The word posture comes from the Latin positura, which means a position, and ponere, to place. Applied as it customarily is to the structure and appearance of our body, it refers to how we position or place our body in space and to how the different segments of the body relate to one another. In addition, posture or posturing may refer to an attitude or self-image that we self-consciously create, identify with, and project. The determined slouch of an alienated or angry person, the overly developed musculature that attempts to conceal insecurity, the affectation of casual confidence by a lawyer attempting to win over a juryall of these self-images ultimately depend on holding our bodies in different ways to create a desired effect. By holding our bodies, we create different postures that express different attitudes.

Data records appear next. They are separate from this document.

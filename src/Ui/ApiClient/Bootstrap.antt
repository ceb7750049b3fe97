-- ===== src/Ui/ApiClient/Bootstrap.antt =====
-- The signal bootstrapFinished of a client that seeds the models.
use forge_sight.Prelude.{
  ◌≡◌, refl, ap, ◌∙◌, inl, inr, ℕ, ◌+◌, ◌-◌, leb, List, [], ◌∷◌, ◌++◌, map, Text, Bool-cases,
  Option-cases, arith, if◌then◌else◌,
}
use forge_sight.Ui.ApiClient.{
  Json, ApiClient, NetworkReply, Waiting, latest_readings, all_alarms, all_devices, ApiSignal,
  bootstrap_finished, bootstrap, set_busy, begin_pending, end_pending, is_ok,
}
use forge_sight.Ui.ApiClient.Replies.{finish_get, for_each, finish}
use forge_sight.Ui.ApiClient.Requests.{get_json, start}
use forge_sight.Ui.ApiClient.Busy.{finish_lem}

-- The requests of a bootstrap.
pub data Seeds : Waiting → Type 0 where
  seeds_readings : Seeds latest_readings
  seeds_alarms : Seeds all_alarms
  seeds_devices : Seeds all_devices

module _ {D : Type 0} where
  abbrev is_finished : ApiSignal D → ℕ
  is_finished bootstrap_finished = 1
  is_finished _ = 0

  -- How often bootstrapFinished is emitted.
  unfoldable pub finished_count : List (ApiSignal D) → ℕ
  finished_count [] = 0
  finished_count (s ∷ signals) = is_finished s + finished_count signals

  finished_count_append :
      (a b : List (ApiSignal D)) → finished_count (a ++ b) ≡ finished_count a + finished_count b
  unfolding finished_count
  finished_count_append [] b = omega arith
  finished_count_append (s ∷ a) b = omega (arith, finished_count_append a b)

  finished_count-map :
      {A : Type 0} (f : A → ApiSignal D) (xs : List A)
      → ((x : A) → is_finished (f x) ≡ 0)
      → finished_count (map f xs) ≡ 0
  unfolding finished_count
  finished_count-map f [] h = refl
  finished_count-map f (x ∷ xs) h = omega (arith, h x, finished_count-map f xs h)

end_pending-finished :
    (D : Type 0) (c : ApiClient)
    → finished_count {D = D} (end_pending (bootstrap_finished ∷ []) c).1
      ≡ (if leb c.pending 1 then 1 else 0)
unfolding finished_count end_pending set_busy
end_pending-finished D c = ground arith

zero_add : (n : ℕ) → 0 + n ≡ n
zero_add n = omega arith

module _ {D : Type 0} (J : Json D) where
  open J use {Object, array}

  for_each-finished :
      (f : Object → ApiSignal D) (complaint body : Text)
      → ((o : Object) → is_finished (f o) ≡ 0)
      → finished_count (for_each J f complaint body) ≡ 0
  unfolding for_each finished_count
  for_each-finished f complaint body h = elim (Option-cases (array body)) [
    | inl e ↦ rw (e, finished_count) refl
    | inr (objects, e) ↦ rw (e, for_each) (finished_count-map f objects h)
  ]

  finish_get-finished :
      (on_ok : Text → List (ApiSignal D)) (r : NetworkReply) (c : ApiClient)
      → ((t : Text) → finished_count (on_ok t) ≡ 0)
      → finished_count (finish_get J on_ok r c).1 ≡ (if leb c.pending 1 then 1 else 0)
  unfolding finish_get finished_count
  finish_get-finished on_ok r c h =
      finished_count_append _ (end_pending (bootstrap_finished ∷ []) c).1
      ∙ elim (Bool-cases (is_ok r)) [
        | inl e ↦ rw (e, h r.body) (zero_add _ ∙ end_pending-finished D c)
        | inr e ↦ rw (e, finished_count) (zero_add _ ∙ end_pending-finished D c)
      ]

  finish-finished :
      (w : Waiting) (r : NetworkReply) (c : ApiClient)
      → Seeds w
      → finished_count (finish J w r c).1 ≡ (if leb c.pending 1 then 1 else 0)
  unfolding finish
  finish-finished _ r c seeds_readings =
      finish_get-finished _ r c (λ t. for_each-finished _ _ t (λ o. refl))
  finish-finished _ r c seeds_alarms =
      finish_get-finished _ r c (λ t. for_each-finished _ _ t (λ o. refl))
  finish-finished _ r c seeds_devices =
      finish_get-finished _ r c (λ t. for_each-finished _ _ t (λ o. refl))

  finish_seed-pending :
      (w : Waiting) (r : NetworkReply) (c : ApiClient)
      → Seeds w
      → (finish J w r c).0.pending ≡ c.pending - 1
  finish_seed-pending w r c seeds_readings = (finish_lem J latest_readings r c).0
  finish_seed-pending w r c seeds_alarms = (finish_lem J all_alarms r c).0
  finish_seed-pending w r c seeds_devices = (finish_lem J all_devices r c).0

  begun_pending : (c : ApiClient) → c.pending ≡ 0 → (start J bootstrap c).0.0.pending ≡ 3
  unfolding start get_json begin_pending set_busy
  begun_pending c e = ground arith

  begun_finished : (c : ApiClient) → finished_count (start J bootstrap c).0.1 ≡ 0
  unfolding finished_count start get_json begin_pending set_busy
  begun_finished c = ground arith

  -- A client without pending requests seeds the models. Its three requests may be answered in any order
  -- and with any replies, failures and invalid payloads included: bootstrapFinished is emitted once, by
  -- the last of the three.
  pub bootstrap_finished_once :
      (c : ApiClient) (w₁ w₂ w₃ : Waiting) (r₁ r₂ r₃ : NetworkReply)
      → c.pending ≡ 0
      → Seeds w₁
      → Seeds w₂
      → Seeds w₃
      → let begun = (start J bootstrap c).0 in
        let first = finish J w₁ r₁ begun.0 in
        let second = finish J w₂ r₂ first.0 in
        let third = finish J w₃ r₃ second.0 in
        (finished_count begun.1 ≡ 0)
        × (finished_count first.1 ≡ 0)
        × (finished_count second.1 ≡ 0)
        × (finished_count third.1 ≡ 1)
  bootstrap_finished_once c w₁ w₂ w₃ r₁ r₂ r₃ e s₁ s₂ s₃ =
      let begun = (start J bootstrap c).0 in
      let first = finish J w₁ r₁ begun.0 in
      let second = finish J w₂ r₂ first.0 in
      let three : begun.0.pending ≡ 3 = begun_pending c e in
      let two : first.0.pending ≡ 2 =
        finish_seed-pending w₁ r₁ begun.0 s₁ ∙ ap (λ n. n - 1) three in
      let last : second.0.pending ≡ 1 =
        finish_seed-pending w₂ r₂ first.0 s₂ ∙ ap (λ n. n - 1) two in
      (
        begun_finished c,
        finish-finished w₁ r₁ begun.0 s₁ ∙ ap (λ n. if leb n 1 then 1 else 0) three,
        finish-finished w₂ r₂ first.0 s₂ ∙ ap (λ n. if leb n 1 then 1 else 0) two,
        finish-finished w₃ r₃ second.0 s₃ ∙ ap (λ n. if leb n 1 then 1 else 0) last,
      )
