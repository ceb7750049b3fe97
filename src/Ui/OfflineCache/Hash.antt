-- ===== src/Ui/OfflineCache/Hash.antt =====
-- The hash of pending states as a map, and its keys.
use forge_sight.Prelude.{
  ◌≡◌, refl, sym, ap, ◌∙◌, subst, inl, inr, Bool, false, ◌&&◌, ◌||◌, ◌==◌, Option, none, some, List,
  [], ◌∷◌, Text, text_eq, text_eq_iff, Bool-cases, arith, if◌then◌else◌,
}
use mathlib.Core.Option.{some-injective}
use forge_sight.Ui.OfflineCache.{CachedDeviceState, pending_key, hash_insert}

-- The separator of `pending_key` is in the text.
unfoldable pub has_separator : Text → Bool
has_separator [] = false
has_separator (c ∷ t) = (c == 31) || has_separator t

-- Keys of devices whose names have no separator are told apart.
pub text_eq-pending_key :
    (d d' s s' : Text)
    → has_separator d ≡ false
    → has_separator d' ≡ false
    → text_eq (pending_key d s) (pending_key d' s') ≡ (text_eq d d' && text_eq s s')
unfolding text_eq pending_key has_separator
text_eq-pending_key [] [] s s' h h' = refl
text_eq-pending_key [] (c' ∷ d') s s' h h' = ground arith
text_eq-pending_key (c ∷ d) [] s s' h h' = ground arith
text_eq-pending_key (c ∷ d) (c' ∷ d') s s' h h' = ground (arith, text_eq-pending_key d d' s s')

text_eq_sym : (s t : Text) → text_eq s t ≡ text_eq t s
unfolding text_eq
text_eq_sym [] [] = refl
text_eq_sym [] (d ∷ t) = refl
text_eq_sym (c ∷ s) [] = refl
text_eq_sym (c ∷ s) (d ∷ t) = ground (arith, text_eq_sym s t)

module _ {D : Type 0} where
  unfoldable pub hash_find : Text → List (Text × CachedDeviceState D) → Option (CachedDeviceState D)
  hash_find k [] = none
  hash_find k (e ∷ entries) = if text_eq e.0 k then some e.1 else hash_find k entries

  abbrev pub DistinctKeys : List (Text × CachedDeviceState D) → Type 0
  DistinctKeys [] = Unit {0}
  DistinctKeys (e ∷ entries) = (hash_find e.0 entries ≡ none) × DistinctKeys entries

  -- Every entry stands under the key of its own device and sensor.
  abbrev pub Keyed : List (Text × CachedDeviceState D) → Type 0
  Keyed entries =
      (k : Text) (s : CachedDeviceState D)
      → hash_find k entries ≡ some s
      → (k ≡ pending_key s.device_id s.sensor) × (has_separator s.device_id ≡ false)

  hit-insert :
      (k j : Text) (s t : CachedDeviceState D) (o : Option (CachedDeviceState D)) (b : Bool)
      → b ≡ text_eq k j
      → (if text_eq k j then some s else o)
        ≡ (if text_eq k j then some s else if b then some t else o)
  hit-insert k j s t o b h = ground arith

  -- An entry under another key is no answer to a key that is asked for.
  miss-insert :
      (k j : Text) (s : CachedDeviceState D) (e : Text × CachedDeviceState D)
      (o : Option (CachedDeviceState D))
      → text_eq e.0 k ≡ false
      → (if text_eq e.0 j then some e.1 else if text_eq k j then some s else o)
        ≡ (if text_eq k j then some s else if text_eq e.0 j then some e.1 else o)
  miss-insert k j s e o h = elim (Bool-cases (text_eq e.0 j)) [
    | inl same ↦
        rw (same, text_eq_sym k j, ap (λ t. text_eq t k) (sym ((text_eq_iff e.0 j).0 same)), h) refl
    | inr other ↦ rw other refl
  ]

  pub hash_find-insert :
      (k j : Text) (s : CachedDeviceState D) (entries : List (Text × CachedDeviceState D))
      → hash_find j (hash_insert k s entries)
        ≡ (if text_eq k j then some s else hash_find j entries)
  unfolding hash_find hash_insert
  hash_find-insert k j s [] = refl
  hash_find-insert k j s (e ∷ entries) = elim (Bool-cases (text_eq e.0 k)) [
    | inl h ↦ rw h (
        hit-insert k j s e.1 (hash_find j entries) (text_eq e.0 j)
          (ap (λ t. text_eq t j) ((text_eq_iff e.0 k).0 h)))
    | inr h ↦ rw (h, hash_find-insert k j s entries) (miss-insert k j s e (hash_find j entries) h)
  ]

  pub hash_insert-DistinctKeys :
      (k : Text) (s : CachedDeviceState D) (entries : List (Text × CachedDeviceState D))
      → DistinctKeys entries
      → DistinctKeys (hash_insert k s entries)
  unfolding hash_find hash_insert
  hash_insert-DistinctKeys k s [] h = (refl, tt)
  hash_insert-DistinctKeys k s (e ∷ entries) h = elim (Bool-cases (text_eq e.0 k)) [
    | inl hit ↦ rw hit (ap (λ t. hash_find t entries) (sym ((text_eq_iff e.0 k).0 hit)) ∙ h.0, h.1)
    | inr miss ↦ rw miss (
      hash_find-insert k e.0 s entries ∙ rw (text_eq_sym k e.0, miss) h.0,
      hash_insert-DistinctKeys k s entries h.1,
    )
  ]

  pub Keyed-tail :
      (e : Text × CachedDeviceState D) (entries : List (Text × CachedDeviceState D))
      → DistinctKeys (e ∷ entries)
      → Keyed (e ∷ entries)
      → Keyed entries
  unfolding hash_find
  Keyed-tail e entries d h k s found = elim (Bool-cases (text_eq e.0 k)) [
    | inl hit ↦
        let same = ap (λ t. hash_find t entries) ((text_eq_iff e.0 k).0 hit) in let gone = d.0 in cc
    | inr miss ↦ h k s (rw miss found)
  ]

  pub hash_insert-Keyed :
      (s : CachedDeviceState D) (entries : List (Text × CachedDeviceState D))
      → has_separator s.device_id ≡ false
      → Keyed entries
      → Keyed (hash_insert (pending_key s.device_id s.sensor) s entries)
  hash_insert-Keyed s entries plain h k t found =
      let found = sym (hash_find-insert (pending_key s.device_id s.sensor) k s entries) ∙ found in
      elim (Bool-cases (text_eq (pending_key s.device_id s.sensor) k)) [
        | inl hit ↦
            let new = some-injective s t (rw hit at found) in
            subst
              (λ (t : CachedDeviceState D).
                (k ≡ pending_key t.device_id t.sensor) × (has_separator t.device_id ≡ false))
              new (sym ((text_eq_iff _ k).0 hit), plain)
        | inr miss ↦ h k t (rw miss at found)
      ]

Mostly this kind of posturing or posing carries with it a connotation of unnaturalness. We can tense the muscles in our body and hold ourselves in different postures to manufacture a desired persona or self-image. This is precisely what actors do as they attempt to enter into a role, and consequently theater schools spend a great deal of time focusing on the purely physical aspect of the actors craft. However, the natural state of the human being, as with any animal, is to be balanced and relaxed. By consciously manipulating our bodies so that we can create and project a specific self-image, we limit our range of expression, restrict the natural movement of energy within our bodies and minds, and forfeit the natural ease of balance and relaxation that is our true birthright.
The French word poseur describes this condition quite accurately. It refers to someone who is trying to be something other than what he or she naturally is, an imposter. Contrasted with this unnatural way of being in the body, the posture of meditation aligns our bodies and minds in the most comfortable, guileless way with the greater forces of nature that condition us. In this way we accept ourselves as we are in truth and experience no need to be anything other than what we naturally are already. As we learn to let go of some of our unnatural posturings and posings and enter more comfortably into the posture of meditation, we find that what we naturally are is very wonderful indeed. We experience a comfort and relaxation that reveal ever deeper insights into our true nature.

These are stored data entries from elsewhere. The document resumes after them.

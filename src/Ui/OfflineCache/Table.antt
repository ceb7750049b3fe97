-- ===== src/Ui/OfflineCache/Table.antt =====
-- The table device_states, and the map that the cache and the table make together: a state that waits
-- to be written hides the row of its device and sensor.
use forge_sight.Prelude.{
  ◌≡◌, refl, sym, ap, ◌∙◌, inl, inr, false, ◌&&◌, Option, none, some, List, [], ◌∷◌, map, Text,
  text_eq, text_eq_iff, text_eq_refl, Bool-cases, arith, if◌then◌else◌,
}
use forge_sight.Ui.OfflineCache.{
  CachedDeviceState, StateRow, Sqlite, OfflineCache, transaction, commit, upsert_state,
  select_states, pending_key, row_of_state, state_of_row, rows_of, upsert_all,
}
use forge_sight.Ui.OfflineCache.Hash.{
  has_separator, hash_find, DistinctKeys, Keyed, Keyed-tail, text_eq-pending_key,
}

-- The first answer, or the second where there is none.
abbrev pub over {ℓ} : {A : Type ℓ} → Option A → Option A → Option A
over none o = o
over (some a) o = some a

module _ {D : Type 0} where
  unfoldable pub row_in : Text → Text → List (StateRow D) → Option (StateRow D)
  row_in d s [] = none
  row_in d s (r ∷ rows) =
      if text_eq r.device_id d && text_eq r.sensor s then some r else row_in d s rows

  unfoldable pub state_in : Text → Text → List (CachedDeviceState D) → Option (CachedDeviceState D)
  state_in d s [] = none
  state_in d s (t ∷ states) =
      if text_eq t.device_id d && text_eq t.sensor s then some t else state_in d s states

  abbrev pub stored : Option (StateRow D) → Option (CachedDeviceState D)
  stored none = none
  stored (some r) = some (state_of_row r)

  state_of_row-row_of_state : (s : CachedDeviceState D) → state_of_row (row_of_state s) ≡ s
  unfolding state_of_row row_of_state
  state_of_row-row_of_state s = ground arith

  pub state_in-map :
      (d s : Text) (rows : List (StateRow D))
      → state_in d s (map state_of_row rows) ≡ stored (row_in d s rows)
  unfolding state_in row_in state_of_row
  state_in-map d s [] = refl
  state_in-map d s (r ∷ rows) = ground (arith, state_in-map d s rows)

-- What the cache relies on in SQLite while its file is open and no statement fails: the table has at
-- most one row for a device and sensor, an upsert writes that row, and a query reads the table.
pub record TableLaws {D : Type 0} (S : Sqlite D) : Type 0 where
  pub table : S.World → Text → Text → Option (StateRow D)
  pub transacts : (w : S.World) → table (S.run_statement transaction w).1 ≡ table w
  pub commits : (w : S.World) → table (S.run_statement commit w).1 ≡ table w
  pub upserts :
      (r : StateRow D) (w : S.World) (d s : Text)
      → table (S.run_statement (upsert_state r) w).1 d s
        ≡ (if text_eq r.device_id d && text_eq r.sensor s then some r else table w d s)
  pub selects :
      (w : S.World) (d s : Text)
      → row_in d s (rows_of (S.run_statement select_states w).0) ≡ table w d s
  pub reads : (w : S.World) → table (S.run_statement select_states w).1 ≡ table w

-- What it relies on in QHash: a walk visits every entry once, in any order.
pub record WalkLaws {D : Type 0}
    (walk : List (Text × CachedDeviceState D) → List (Text × CachedDeviceState D)) : Type 0 where
  pub visits_once :
      (entries : List (Text × CachedDeviceState D))
      → DistinctKeys entries
      → DistinctKeys (walk entries)
  pub visits :
      (entries : List (Text × CachedDeviceState D)) (k : Text)
      → DistinctKeys entries
      → hash_find k (walk entries) ≡ hash_find k entries

module _ {D : Type 0} (S : Sqlite D)
    (walk : List (Text × CachedDeviceState D) → List (Text × CachedDeviceState D))
    (laws : TableLaws S) (walks : WalkLaws walk) where
  open S use {World, run_statement}
  open laws use {table}

  -- The map from devices and sensors to states that a reader of the cache is promised.
  unfoldable pub view : OfflineCache D → World → Text → Text → Option (CachedDeviceState D)
  view c w d s = over (hash_find (pending_key d s) c.pending) (stored (table w d s))

  pub upsert_all-view :
      (entries : List (Text × CachedDeviceState D)) (w : World) (d s : Text)
      → DistinctKeys entries
      → Keyed entries
      → has_separator d ≡ false
      → stored (table (upsert_all S walk entries w) d s)
        ≡ over (hash_find (pending_key d s) entries) (stored (table w d s))
  unfolding upsert_all hash_find row_of_state
  upsert_all-view [] w d s distinct keyed plain = refl
  upsert_all-view (e ∷ entries) w d s distinct keyed plain =
      let (own_key, own_plain) = keyed e.0 e.1 (rw (text_eq_refl e.0) refl) in
      let test =
        ap (λ k. text_eq k (pending_key d s)) own_key
        ∙ text_eq-pending_key e.1.device_id d e.1.sensor s own_plain plain in
      let written =
        laws.upserts (row_of_state e.1) w d s
        ∙ ap (λ b. if b then some (row_of_state e.1) else table w d s) (sym test) in
      let rest_keyed = Keyed-tail e entries distinct keyed in
      upsert_all-view entries (run_statement (upsert_state (row_of_state e.1)) w).1 d s distinct.1
        rest_keyed plain
      ∙ elim (Bool-cases (text_eq e.0 (pending_key d s))) [
        | inl hit ↦
            let gone =
              ap (λ k. hash_find k entries) (sym ((text_eq_iff e.0 (pending_key d s)).0 hit))
              ∙ distinct.0 in
            rw (gone, written, hit) (ap some (state_of_row-row_of_state e.1))
        | inr miss ↦ rw (written, miss) refl
      ]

Just as the gradual, but consistent, evolution of the human species toward an ever more upright and vertical posture has been accompanied by a parallel growth and expansion in consciousness, so too do the higher states of consciousness that can be contacted through the process of meditation themselves depend on the continued refinement of verticality and relaxed balance in the body. This preliminary act of coming to balance as the primary condition on which the inquiry of meditation can proceed is often overlooked, however. Meditation, instead, is mostly presented as a variety of different techniques or activities in which we engage our minds and on which we focus our attention. We may, for example, be instructed to sit and silently repeat a word or phrase or to visualize and merge with the image of a deity. We may be told to sit and pay attention to the passage of breath as it moves in and out of the body or to observe the ever-changing contents of our bodies and minds. We may be asked to sit and attempt to come up with an answer to an insoluble riddle or to imagine a cord of expanding white light in our spines. We may be instructed to sit and listen to the inner sounds of the body or to focus on one particular point in the body to the exclusion of all others. We may sit down and contemplate the meaning of a specific passage from a book we value, or we may simply be instructed to sit and do nothing at all.